Indeed, startups are using cognitive technologies to develop valuable features and capabilities such as intelligent automation, ease of use, and insightful analytics that are superior to what can readily be achieved with conventional information technologies. In the rethinking enterprise category, for instance, marketing-focused startups have used machine learning to improve customer targeting8 and website personalization,9 natural language processing to understand what consumers are saying about television content on social media,10 and speech recognition to gauge the quality of inbound telephone leads.11 The top segments in the enterprise category are marketing, intelligence (including analytics solutions), security and authentication,and sales.12
Companies developing applications tailored for specific sectors such as retail, advertising (“adtech”), education, medical/diagnostics,and media have also received major investments—over $2 billion during the same period.13 In the rethinking industry category, startups providing solutions aimed at the medical and diagnostics sectors are using natural language processing to automate the coding of medical charts for insurance reimbursement,14 machine learning to power mobile care-management apps that tailor their content to better engage patients in their care regimen,15 and computer vision and machine learning to power a simple, low-cost ultrasound device that can automatically diagnose disorders.16 Top segments in this category include retail, adtech, medical and diagnostics, and education.17
This analysis suggests that the applications of cognitive technologies are broad; they can often resemble traditional enterprise applications—with advanced capabilities and performance—rather than specialized cognitive computing products.
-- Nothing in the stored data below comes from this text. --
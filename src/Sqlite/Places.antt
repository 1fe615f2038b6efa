-- ===== src/Sqlite/Places.antt =====
-- What stands at a place of the properties after a row is taken out or replaced.
use dazeus_core.Base.{
  ◌≡◌, refl, ◌∙◌, Bool, true, false, List, [], ◌∷◌, ◌++◌, Option, none, some, arith, if◌then◌else◌,
  Bool-cases, inl, inr,
}
use dazeus_core.Text.{Str, str_eq_iff, str_eq_self}
use dazeus_core.Sqlite.Rows.{Property, keep, is_at, delete_property, replace_property}
use dazeus_core.Sqlite.Ordered.{first, or_else}
use dazeus_core.Sqlite.Scoped.{row_at}

module _ (k n r s k' n' r' s' : Str) where
  -- one row stands at two places only if they are the same
  is_at-both :
      (x y : Property)
      → is_at k n r s x ≡ true
      → is_at k n r s y ≡ true
      → is_at k' n' r' s' x ≡ is_at k' n' r' s' y
  unfolding is_at
  is_at-both x y h g =
      rw
        (
          (str_eq_iff x.key k).0 (ground (arith, h)),
          (str_eq_iff x.network n).0 (ground (arith, h)),
          (str_eq_iff x.receiver r).0 (ground (arith, h)),
          (str_eq_iff x.sender s).0 (ground (arith, h)),
          (str_eq_iff y.key k).0 (ground (arith, g)),
          (str_eq_iff y.network n).0 (ground (arith, g)),
          (str_eq_iff y.receiver r).0 (ground (arith, g)),
          (str_eq_iff y.sender s).0 (ground (arith, g)),
        )
        refl

pub is_at_self : (x : Property) → is_at x.key x.network x.receiver x.sender x ≡ true
unfolding is_at
is_at_self x =
    rw (str_eq_self x.key, str_eq_self x.network, str_eq_self x.receiver, str_eq_self x.sender) refl

if_apart :
    {A : Type 0} (b c : Bool) (u v w : A)
    → (b ≡ true → c ≡ true → ⊥)
    → (if b then u else (if c then v else w)) ≡ (if c then v else (if b then u else w))
if_apart true true u v w h = elim (h refl refl) [ ]
if_apart true false u v w h = refl
if_apart false true u v w h = refl
if_apart false false u v w h = refl

-- The row of a place after the rows of the place of `x` are taken out.
pub row_at-delete :
    (x : Property) (k n r s : Str) (rows : List Property)
    → row_at k (delete_property x.key x.network x.receiver x.sender rows) n r s
      ≡ (if is_at k n r s x then none else row_at k rows n r s)
unfolding row_at delete_property keep first
row_at-delete x k n r s [] = ground arith
row_at-delete x k n r s (y ∷ rows) =
    elim (Bool-cases (is_at x.key x.network x.receiver x.sender y)) [
      | inl e ↦
          rw
            (
              e,
              row_at-delete x k n r s rows,
              is_at-both x.key x.network x.receiver x.sender k n r s y x e (is_at_self x),
            )
            (ground arith)
      | inr e ↦
          rw (e, row_at-delete x k n r s rows)
            (if_apart (is_at k n r s y) (is_at k n r s x) (some y) none (row_at k rows n r s)
              (λ (here : is_at k n r s y ≡ true) (there : is_at k n r s x ≡ true). ground (
                arith,
                is_at_self x,
                e,
                is_at-both k n r s x.key x.network x.receiver x.sender x y there here,
              )))
    ]

pub row_at-append :
    (x : Property) (k n r s : Str) (rows : List Property)
    → row_at k (rows ++ x ∷ []) n r s
      ≡ or_else (row_at k rows n r s) (if is_at k n r s x then some x else none)
unfolding row_at first
row_at-append x k n r s [] = refl
row_at-append x k n r s (y ∷ rows) = elim (Bool-cases (is_at k n r s y)) [
  | inl e ↦ rw e refl
  | inr e ↦ rw e (row_at-append x k n r s rows)
]

pub row_at-replace :
    (x : Property) (k n r s : Str) (rows : List Property)
    → row_at k (replace_property x rows) n r s
      ≡ (if is_at k n r s x then some x else row_at k rows n r s)
unfolding replace_property
row_at-replace x k n r s rows =
    row_at-append x k n r s (delete_property x.key x.network x.receiver x.sender rows)
    ∙ rw (row_at-delete x k n r s rows) (last (is_at k n r s x) (row_at k rows n r s))
  where
    last :
        (b : Bool) (o : Option Property)
        → or_else (if b then none else o) (if b then some x else none) ≡ (if b then some x else o)
    last true o = refl
    last false none = refl
    last false (some y) = refl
A principal way that cognitive technologies can create value for companies is by intelligently automating tasks and surfacing insights that augment human decision making. The opportunities for this are huge, spanning all sectors and business functions.
Cognitive technologies present special opportunities in the technology sector itself. These include enabling customers’ cognitive computing initiatives with platforms and tools to make it easier to build and deploy applications. Earlier this year, for instance, both Amazon and Microsoft introduced commercial cloud-based machine learning platforms.18 Intel has released chips tuned for machine learning that vendors such as Dell, Hewlett-Packard, and Lenovo are incorporating into servers.19 And Qualcomm has released processors aimed at deploying trained neural networks in mobile devices, from smartphones to consumer-oriented drones.20 These developments highlight the potential for technology suppliers to meet growing demand for tools and platforms to support the development of cognitive technology applications.
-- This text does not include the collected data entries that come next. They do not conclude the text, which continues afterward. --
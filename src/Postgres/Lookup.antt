-- ===== src/Postgres/Lookup.antt =====
-- The lookup of a property by the PostgreSQL backend, in the order of the server's collation.
use dazeus_core.Base.{ℕ, ◌≡◌, refl, sym, ◌∙◌, Bool, true, false, List, [], ◌∷◌, arith}
use dazeus_core.Text.{Str, str_lt}
use dazeus_core.Sqlite.Rows.{Property, keep, is_found, fits, precedes, select_property}
use dazeus_core.Sqlite.Ordered.{Holds, keep-Holds, greatest-agree}
use dazeus_core.Sqlite.Fitting.{narrow, fits-eq}
use dazeus_core.Sqlite.Scoped.{row_at, select_property_lem}
use dazeus_core.Postgres.Rows.{precedes_in, find_row}

-- What is asked of a collation: the empty text comes before every other one, and no text before
-- itself.
pub record EmptyFirst (order : Str → Str → Bool) : Type 0 where
  pub before : (c : ℕ) (u : Str) → order [] (c ∷ u) ≡ true
  pub after : (c : ℕ) (u : Str) → order (c ∷ u) [] ≡ false
  pub self : (u : Str) → order u u ≡ false

str_lt_self : (u : Str) → str_lt u u ≡ false
unfolding str_lt
str_lt_self [] = refl
str_lt_self (c ∷ u) = ground (arith, str_lt_self u)

module _ (order : Str → Str → Bool) (laws : EmptyFirst order) where
  -- of a text that is asked for and the empty one, every collation has the same order
  order-fits :
      (wanted u v : Str) → fits wanted u ≡ true → fits wanted v ≡ true → order u v ≡ str_lt u v
  unfolding str_lt
  order-fits wanted [] [] h k = laws.self []
  order-fits wanted [] (c ∷ v) h k = laws.before c v
  order-fits wanted (c ∷ u) [] h k = laws.after c u
  order-fits wanted (c ∷ u) (d ∷ v) h k =
      alike wanted (c ∷ u) (d ∷ v) (fits-eq wanted (c ∷ u) h refl) (fits-eq wanted (d ∷ v) k refl)
    where
      alike : (w u v : Str) → u ≡ w → v ≡ w → order u v ≡ str_lt u v
      alike w u v e f = rw (e, f) (laws.self w ∙ sym (str_lt_self w))

  module _ (key n r s : Str) where
    precedes-agree :
        (x y : Property)
        → is_found key n r s x ≡ true
        → is_found key n r s y ≡ true
        → precedes_in order x y ≡ precedes x y
    unfolding precedes_in precedes is_found
    precedes-agree x y h k =
        rw
          (
            order-fits n x.network y.network (ground (arith, h)) (ground (arith, k)),
            order-fits r x.receiver y.receiver (ground (arith, h)) (ground (arith, k)),
            order-fits s x.sender y.sender (ground (arith, h)) (ground (arith, k)),
          )
          refl

    -- With any collation that has the empty text first, find_property finds what the scopes are looked up
    -- for one after the other, the narrower ones first, as in the SQLite backend.
    pub find_row_lem :
        (rows : List Property)
        → find_row order key n r s rows
          ≡ narrow n (λ n'. narrow r (λ r'. narrow s (λ s'. row_at key rows n' r' s')))
    unfolding find_row
    find_row_lem rows =
        greatest-agree (Holds (is_found key n r s)) (precedes_in order) precedes precedes-agree
          (keep (is_found key n r s) rows) (keep-Holds (is_found key n r s) rows)
        ∙ (unfold select_property in select_property_lem key n r s rows)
Vendors of enterprise software applications should consider how cognitive technologies can enhance their products. Startups may offer models of how to employ these technologies to make products easier to use, to automate functions intelligently, and to generate greater insight from data.
Corporate IT groups may want to build awareness of and skills in cognitive technologies such as machine learning and natural language processing. They can also begin to assess how to employ cognitive technologies to enhance existing corporate applications to provide greater usability and more valuable insights to users.
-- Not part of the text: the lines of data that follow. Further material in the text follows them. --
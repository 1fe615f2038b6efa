-- ===== src/Postgres/Lost.antt =====
-- A property that is set for one channel by the PostgreSQL backend.
use dazeus_core.Base.{
  ◌≡◌, refl, sym, ◌∙◌, ap, Bool, false, List, [], ◌∷◌, ◌++◌, Option, none, some, inr, arith,
  is_empty,
}
use dazeus_core.Text.{Str, str_eq, lit}
use dazeus_core.Requests.{Outcome, returns}
use dazeus_core.Sqlite.Rows.{Property, Tables, keep, greatest, is_at, is_found, fits}
use dazeus_core.Postgres.{
  Server, committed, prepared_as, bootstrap_names, updated, effect, unless, answered, send,
  send_named, exec, reading, writing, end, first_text, property, set_property,
}
use dazeus_core.Postgres.Rows.{
  Prepared, precedes_in, find_property, update_property, find_row, find_values, value_of, inserted,
  is_same, insert_property, upsert, upsert_property,
}

-- No call of the server fails.
pub record Works (v : Server) : Type 0 where
  pub start : v.start ≡ none
  pub fault :
      (statement : Prepared) (values : List Str) (t : Tables) → v.fault statement values t ≡ none
  pub finish : (t : Tables) → v.finish t ≡ committed

unless-none : {A : Type 0} (o : Option Str) (m : Outcome A) → o ≡ none → unless o m ≡ m
unless-none o m h = ap (λ x. unless x m) h

module _ (v : Server) (works : Works v) where
  exec-works :
      (name : Str) (values : List Str) (t t' : Tables) (column : List Str) (statement : Prepared)
      → prepared_as bootstrap_names name ≡ some statement
      → effect v statement values t ≡ inr (t', column)
      → exec v name values t ≡ returns (t', column)
  unfolding exec send_named send
  exec-works name values t t' column statement h e =
      unless-none v.start _ works.start
      ∙ ap (send_named v name values t) h
      ∙ unless-none (v.fault statement values t) _ (works.fault statement values t)
      ∙ ap answered e

  pub property-works :
      (t : Tables) (k n r s : Str)
      → property v t k n r s ≡ (t, returns (first_text (find_values v.order k n r s t.properties)))
  unfolding property
  property-works t k n r s =
      ap (λ o. reading v t o first_text)
        (exec-works (lit "find_property") (k ∷ n ∷ r ∷ s ∷ []) t t
          (find_values v.order k n r s t.properties) find_property
          (unfold prepared_as bootstrap_names lit str_eq in refl) (unfold effect in refl))
      ∙ (unfold reading in refl)

  pub set_property-works :
      (t : Tables) (k value n r s : Str) (rows : List Property)
      → is_empty value ≡ false
      → upsert_property k value n r s t.properties ≡ some rows
      → set_property v t k value n r s ≡ (record t { properties = rows }, returns tt)
  unfolding set_property effect updated writing end
  set_property-works t k [] n r s rows e h = absurd cc
  set_property-works t k (c ∷ value) n r s rows e h =
      ap (writing v t) (
        exec-works (lit "update_property") (k ∷ (c ∷ value) ∷ n ∷ r ∷ s ∷ []) t
          (record t { properties = rows }) [] update_property
          (unfold prepared_as bootstrap_names lit str_eq in refl) (ap (updated v t) h))
      ∙ ap (end v t (record t { properties = rows }))
          (works.finish (record t { properties = rows }))

given : (u : Str) → is_empty u ≡ false → str_eq u [] ≡ false
unfolding str_eq
given [] e = e
given (c ∷ u) e = refl

keep-none :
    (p : Property → Bool) (x : Property) (rows : List Property)
    → p x ≡ false
    → keep p (rows ++ x ∷ []) ≡ keep p rows
unfolding keep
keep-none p x [] h = rw h refl
keep-none p x (y ∷ rows) h = rw (keep-none p x rows h) refl

module _ (v : Server) (works : Works v) (t : Tables) (k n r : Str) where
  upsert-inserted :
      (value s : Str)
      → keep (is_at k n r s) t.properties ≡ []
      → keep (is_same (inserted k value n r s)) t.properties ≡ []
      → upsert_property k value n r s t.properties
        ≡ some (t.properties ++ inserted k value n r s ∷ [])
  unfolding upsert_property
  upsert-inserted value s absent new =
      ap (upsert k value n r s t.properties) absent
      ∙ (unfold upsert in ap (insert_property (inserted k value n r s) t.properties) new)

  -- the row that is inserted for a channel has the channel as its sender
  not_found :
      (value : Str) → is_empty r ≡ false → is_found k n r [] (inserted k value n r []) ≡ false
  unfolding is_found inserted fits
  not_found value e = ground (arith, given r e)

  -- A property that is set for a channel and is not stored yet: set_property returns, where no call of
  -- the server fails, but what property answers for that channel is what it answered before.
  pub set_property-lost :
      (value : Str)
      → is_empty value ≡ false
      → is_empty r ≡ false
      → keep (is_at k n r []) t.properties ≡ []
      → keep (is_same (inserted k value n r [])) t.properties ≡ []
      → ((set_property v t k value n r []).1 ≡ returns tt)
        × ((property v (set_property v t k value n r []).0 k n r []).1 ≡ (property v t k n r []).1)
  unfolding find_values find_row
  set_property-lost value e given_r absent new =
      rw
        (set_property-works v works t k value n r [] (t.properties ++ inserted k value n r [] ∷ [])
          e (upsert-inserted value [] absent new))
        (
          refl,
          ap (λ p. p.1) (property-works v works changed k n r [])
              ∙ ap (λ rows. returns (first_text (value_of (greatest (precedes_in v.order) rows))))
                  (keep-none (is_found k n r []) (inserted k value n r []) t.properties
                    (not_found value given_r))
              ∙ sym (ap (λ p. p.1) (property-works v works t k n r [])),
        )
    where
      changed : Tables
      changed = record t { properties = t.properties ++ inserted k value n r [] ∷ [] }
Buyers of enterprise software may find it worthwhile to ask their vendors to explain how they plan to take advantage of cognitive technologies to enhance their products’ performance and utility.
Cognitive technologies continue to improve and will likely give rise to entirely new product categories and even industries. In the near term, though, established industries can find significant opportunities in applying these technologies to conventional business functions, as the venture capital investment data suggests.